You can define the unique key field by naming it:
<uniqueKey>id</uniqueKey>
Schema defaults and copyFields
cannot be used to populate the uniqueKey
field.
The fieldType
of uniqueKey
must not be analyzed and must not be any of the *PointField
types.
You can use UUIDUpdateProcessorFactory
to have uniqueKey
values generated automatically.
Further, the operation will fail if the uniqueKey
field is used, but is multivalued (or inherits the multivalued-ness from the fieldtype
).
However, uniqueKey
will continue to work, as long as the field is properly used.
Similarity
Similarity is a Lucene class used to score a document in searching.
Each collection has one "global" Similarity.
By default, Solr uses an implicit SchemaSimilarityFactory
which allows individual field types to be configured with a "per-type" specific Similarity and implicitly uses BM25Similarity
for any field type which does not have an explicit Similarity.

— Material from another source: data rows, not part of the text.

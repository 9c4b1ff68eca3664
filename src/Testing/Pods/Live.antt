-- ===== src/Testing/Pods/Live.antt =====
-- Pods that become ready in time are returned.
use old_broker_repo.Prelude.{
  ℕ, zero, suc, ◌+◌, ◌≤◌, ◌<◌, Text, List, true, false, some, inr, ◌≡◌, arith, ltb, ap, subst, sym,
}
use old_broker_repo.Testing.Pods.{Pod, Cluster, pods_ready, await_pods, pod_check_budget}
use old_broker_repo.Testing.Pods.Budget.{Waited, start, round}

module _ {W : Type 0} (cl : Cluster W) (ns : Text) (w' : W) (items : List Pod)
    (ready : pods_ready items ≡ true) where
  await_pods-ready :
      (fuel n k : ℕ) (w v : W)
      → Waited cl ns k w v
      → cl.pods ns v ≡ (inr items, w')
      → k < fuel
      → n + k ≤ 91
      → await_pods cl fuel ns n w ≡ (some (inr items), w')
  unfolding await_pods
  await_pods-ready zero n k w v d h p q = absurd (omega arith)
  await_pods-ready (suc fuel) n zero w v start h p q =
      rw (await_pods, ap (λ x. x.0) h, ready) (ap (λ x. (some (inr items), x.1)) h)
  await_pods-ready (suc fuel) n (suc k) w v (round {w₁} e r d) h p q =
      let below : ltb pod_check_budget n ≡ false = ground arith in
      let ih = await_pods-ready fuel (n + 1) k (cl.sleep w₁) v d h (omega arith) (omega arith) in
      rw (await_pods, ap (λ x. x.0) e, r, below)
        (subst (λ x. await_pods cl fuel ns (n + 1) (cl.sleep x.1) ≡ (some (inr items), w')) (sym e)
          ih)

  -- If the pods of a namespace are listed and not ready for at most 91 rounds, with a sleep after
  -- each, and are then listed and ready, the wait for them returns the ready pods.
  pub await_pods-live :
      (k : ℕ) (w v : W)
      → Waited cl ns k w v
      → k ≤ 91
      → cl.pods ns v ≡ (inr items, w')
      → await_pods cl 92 ns 0 w ≡ (some (inr items), w')
  await_pods-live k w v d p h = await_pods-ready 92 0 k w v d h (omega arith) (omega arith)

This default behavior can be overridden by declaring a top level <similarity/>
element in your schema, outside of any single field type.
This similarity declaration can either refer directly to the name of a class with a no-argument constructor, such as in this example showing BM25Similarity
:
<similarity class="org.apache.lucene.search.similarities.BM25Similarity"/>
or by referencing a SimilarityFactory
implementation:
<similarity class="solr.BM25SimilarityFactory"/>
When using the similarity factory, it is possible to specify optional initialization parameters:
<similarity class="solr.DFRSimilarityFactory">
<str name="basicModel">P</str>
<str name="afterEffect">L</str>
<str name="normalization">H2</str>
<float name="c">7</float>
</similarity>
In most cases, specifying global level similarity like this will cause an error if your schema also includes field type specific <similarity/>
declarations.
One key exception to this is that you may explicitly declare a SchemaSimilarityFactory
and specify what that default behavior will be for all field types that do not declare an explicit Similarity using the name of field type (specified by defaultSimFromFieldType
) that is configured with a specific similarity:
<similarity class="solr.SchemaSimilarityFactory">
<str name="defaultSimFromFieldType">text_dfr</str>
</similarity>
<fieldType name="text_dfr" class="solr.TextField">
<analyzer ... />
<similarity class="solr.DFRSimilarityFactory">
<str name="basicModel">I(F)</str>
<str name="afterEffect">B</str>
<str name="normalization">H3</str>
<float name="mu">900</float>
</similarity>
</fieldType>
<fieldType name="text_ib" class="solr.TextField">
<analyzer ... />
<similarity class="solr.IBSimilarityFactory">
<str name="distribution">SPL</str>
<str name="lambda">DF</str>
<str name="normalization">H2</str>
</similarity>
</fieldType>
<fieldType name="text_other" class="solr.TextField">
<analyzer ... />
</fieldType>
In the example above IBSimilarityFactory
(using the Information-Based model) will be used for any fields of type text_ib
, while DFRSimilarityFactory
(divergence from random) will be used for any fields of type text_dfr
, as well as any fields using a type that does not explicitly specify a <similarity/>
.
If SchemaSimilarityFactory
is explicitly declared without configuring a defaultSimFromFieldType
, then BM25Similarity
is implicitly used as the default.
In addition to the various factories mentioned on this page, there are several other similarity implementations that can be used such as the SweetSpotSimilarityFactory
, ClassicSimilarityFactory
etc.
For details, see the Solr Javadocs for the similarity factories.